Both countries were termed “aggressive and capable collectors of sensitive U.S. economic information and technologies.”
Among the technologies the report suggested would be of greatest interest are information and communications, marine systems, aerospace and aeronautics, clean technologies, advanced materials and manufacturing techniques, healthcare and pharmaceuticals, agricultural technology, and business information related to energy and other natural resources.
The move to the “cloud computing” paradigm may be problematic, according to the report, because employees will be able to access data and work anywhere and at any time, not just when they are at the office, laboratory or factory.

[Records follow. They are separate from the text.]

-- ===== src/Account/Session.antt =====
-- The session's own operations (src/account/AccountSession.cpp): restoring, signing in and out,
-- and the access token that every other operation asks for. The account service, the keyring and
-- the clock are the interface `Services`, since the code behind them is a network and a daemon.
use msime_linux.Base.{
  ℕ, ◌+◌, ◌%◌, ◌^◌, Bool, true, false, not, ◌&&◌, ◌||◌, Option, none, some, [], Bytes, bytes_eq,
  leb, ◌==◌, if◌then◌else◌,
}
use msime_linux.Account.Types.{
  User, Tokens, SavedSession, Challenge, Profile, Preferences, PreferencesSchema, ClipboardItem,
  ClipboardSnapshot, DictionaryEntry, DictionaryPage, DictionaryCatalogOptions,
  DictionaryImportResult, DictionaryChange, failure, other,
}
use msime_linux.Account.Monad.{
  Reply, done, threw, Nothing, nothing, Members, Op, Call, Cancellation, ◌>>=◌, give, throw,
  require, get, outside, cancelled_failure,
}

-- `BackendAccountClient`, `AccountCredentialStore` and the clock, as the session calls them.
-- `K` and `B` are the callbacks that take and give the bytes of a snapshot. A clock reading is in
-- seconds; a reading before the epoch counts as 0, and both are refused.
pub record Services (W K B : Type 0) : Type 0 where
  pub clock : Call W ℕ
  pub load : Call W (Option SavedSession)
  pub save : SavedSession → Call W Nothing
  pub clear : Call W Nothing
  pub challenge : Bytes → Bytes → Bytes → Cancellation W → Call W Challenge
  pub login : Bytes → Bytes → Bytes → Cancellation W → Call W Tokens
  pub refresh : Bytes → Cancellation W → Call W Tokens
  pub profile : Bytes → Cancellation W → Call W Profile
  pub rename : Bytes → Bytes → Cancellation W → Call W Nothing
  pub preferences : Bytes → Cancellation W → Call W Preferences
  pub preferences_schema : Bytes → Cancellation W → Call W PreferencesSchema
  pub put_preferences :
      Preferences → PreferencesSchema → Bytes → Cancellation W → Call W Preferences
  pub clipboard : Bytes → Bytes → Cancellation W → Call W ClipboardSnapshot
  pub set_clipboard_enabled : Bool → Bytes → Cancellation W → Call W Nothing
  pub add_clipboard : Bytes → Bytes → Cancellation W → Call W ClipboardItem
  pub delete_clipboard : Bytes → Bytes → Cancellation W → Call W Nothing
  pub dictionary : Bytes → Bytes → ℕ → ℕ → Bytes → Cancellation W → Call W DictionaryPage
  pub dictionary_catalog :
      Bytes
      → Bytes
      → ℕ
      → ℕ
      → Bytes
      → Cancellation W
      → DictionaryCatalogOptions
      → Call W DictionaryPage
  pub manage_dictionary :
      Bytes
      → ℕ
      → DictionaryEntry
      → Option DictionaryEntry
      → Bytes
      → Cancellation W
      → Call W DictionaryChange
  pub edit_dictionary :
      Bytes → Bytes → ℕ → Option DictionaryEntry → Bytes → Cancellation W → Call W DictionaryChange
  pub import_dictionary :
      Bytes → Bytes → Bytes → Bytes → Cancellation W → Call W DictionaryImportResult
  pub import_han_dictionary : Bytes → ℕ → Bytes → Cancellation W → Call W DictionaryImportResult
  pub export_dictionary : Bytes → Bytes → Bytes → Cancellation W → Call W Bytes
  pub download_snapshot : K → Bytes → Cancellation W → Call W Nothing
  pub restore_snapshot : ℕ → B → ℕ → Bytes → Cancellation W → Call W ℕ
  pub logout : Bytes → Bool → Cancellation W → Call W Nothing
  pub delete_account : Bytes → Cancellation W → Call W Nothing

pub record SessionSnapshot : Type 0 where
  pub generation : ℕ
  pub user : Option User

unfoldable pub user_of : Option SavedSession → Option User
user_of none = none
user_of (some s) = some s.tokens.user

-- `now <= 0 || now > 253402214399` refuses the clock.
unfoldable pub clock_is_valid : ℕ → Bool
clock_is_valid now = not (now == 0) && leb now 253402214399

-- `++generation_` on 64 bits.
unfoldable pub next_generation : ℕ → ℕ
next_generation g = (g + 1) % 2 ^ 64

unfoldable pub same_user : Option SavedSession → Bytes → Bool
same_user none id = false
same_user (some s) id = bytes_eq s.tokens.user.id id

module _ {W : Type 0} where
  unfoldable pub current : Op W SessionSnapshot
  current m = (done (record { generation = m.generation; user = user_of m.session }), m)

  unfoldable pub require_generation : ℕ → Op W Nothing
  require_generation generation m =
      if not m.restored || not (generation == m.generation)
      then (threw cancelled_failure, m)
      else (done nothing, m)

  -- `if (cancelled && cancelled()) throw Failure(0, true);`
  unfoldable pub check_cancelled : Cancellation W → Op W Nothing
  check_cancelled none m = (done nothing, m)
  check_cancelled (some test) m =
      if test m.world then (threw cancelled_failure, m) else (done nothing, m)

  -- `if (!session_) throw Failure(401);`
  unfoldable pub found : Option SavedSession → Op W SavedSession
  found none m = (threw (failure 401 false), m)
  found (some s) m = (done s, m)

  unfoldable pub signed_in : Op W SavedSession
  signed_in m = found m.session m

  -- `session_ = next`, and with `++generation_`.
  unfoldable pub hold : SavedSession → Op W Nothing
  hold s m = (done nothing, record m { session = some s })

  unfoldable pub replace : Option SavedSession → Op W Nothing
  replace s m = (done nothing, record m { session = s; generation = next_generation m.generation })

  unfoldable pub mark_restored : Op W Nothing
  mark_restored m = (done nothing, record m { restored = true })

  unfoldable pub with_current_user : ℕ → Bytes → Call W Nothing → Op W Nothing
  with_current_user generation id operation = do
    _ ← require_generation generation
    m ← get
    _ ← require cancelled_failure (same_user m.session id)
    outside operation

module _ {W K B : Type 0} (V : Services W K B) where
  -- The clock, checked.
  unfoldable pub read_clock : Op W ℕ
  read_clock = do
    now ← outside V.clock
    _ ← require (failure 0 false) (clock_is_valid now)
    give now

  -- `expires_in` is an `int` that the client accepts only from 1 to 86400, and a valid clock
  -- reading is below 2^38: the sum stays far below the bound of `std::int64_t`.
  unfoldable pub saved : Tokens → Op W SavedSession
  saved tokens = do
    now ← read_clock
    give (record { tokens = tokens; expires_at = now + tokens.expires_in })

  -- The part of `restore` under its test.
  unfoldable pub load_session : Op W Nothing
  load_session = do s ← outside V.load; _ ← replace s; mark_restored

  unfoldable pub restore : Op W SessionSnapshot
  restore = do m ← get; _ ← if m.restored then give nothing else load_session; current

  unfoldable pub login : ℕ → Bytes → Bytes → Cancellation W → Op W SessionSnapshot
  login generation challenge credential cancelled = do
    _ ← require_generation generation
    tokens ← outside (V.login challenge credential [] cancelled)
    next ← saved tokens
    _ ← outside (V.save next)
    _ ← replace (some next)
    current

  -- The session goes before the keyring is asked, so it is gone when the keyring refuses too.
  unfoldable pub discard : Op W Nothing
  discard = do _ ← replace none; outside V.clear

  -- `catch (const Failure &error)`: a refused token ends the session, and the failure is thrown on.
  -- An exception of `discard` takes the place of the failure.
  unfoldable pub on_failure : {A : Type 0} → Reply A × Members W → Reply A × Members W
  on_failure (done a, m) = (done a, m)
  on_failure (threw (other n), m) = (threw (other n), m)
  on_failure (threw (failure status stopped), m) =
      if status == 401
      then (discard >>= (λ _. throw (failure status stopped))) m
      else (threw (failure status stopped), m)

  unfoldable pub guarded : {A : Type 0} → Op W A → Op W A
  guarded op m = on_failure (op m)

  -- The part of `authorized` for a token that is about to expire.
  unfoldable pub refresh_session : SavedSession → Cancellation W → Op W Nothing
  refresh_session s cancelled = do
    refreshed ← guarded (outside (V.refresh s.tokens.refresh_token cancelled))
    _ ← require (failure 0 false) (bytes_eq refreshed.user.id s.tokens.user.id)
    next ← saved refreshed
    _ ← outside (V.save next)
    hold next

  unfoldable pub authorized : ℕ → Cancellation W → Op W Bytes
  authorized generation cancelled = do
    _ ← require_generation generation
    _ ← check_cancelled cancelled
    s ← signed_in
    now ← read_clock
    _ ← if leb s.expires_at (now + 60) then refresh_session s cancelled else give nothing
    s' ← signed_in
    give s'.tokens.access_token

The movement of data through multiple locations “will increase the opportunities for theft of manipulation by malicious actors,” according to the report.
Data was contributed to the report by many different government agencies and departments including the Defense Intelligence Agency, the Department of Health and Human Services, the National Geospatial-Intelligence Agency, and the Department of Energy in addition to the Central Intelligence Agency.
The counterintelligence office’s website features a series of posters on an industrial espionage theme that can be downloaded and printed out for free.
Several are along the lines of the famous World War II “Loose Lips Sink Ships” poster, bearing such slogans as “Trade Secrets Are the Key to American’s Future,” and “Without Trade Secrets a Nation Will Die.” Another poster bearing photos of defendants convicted of trade secret theft says “Economic Espionage Does Pay . . . and Prison is the Bank.”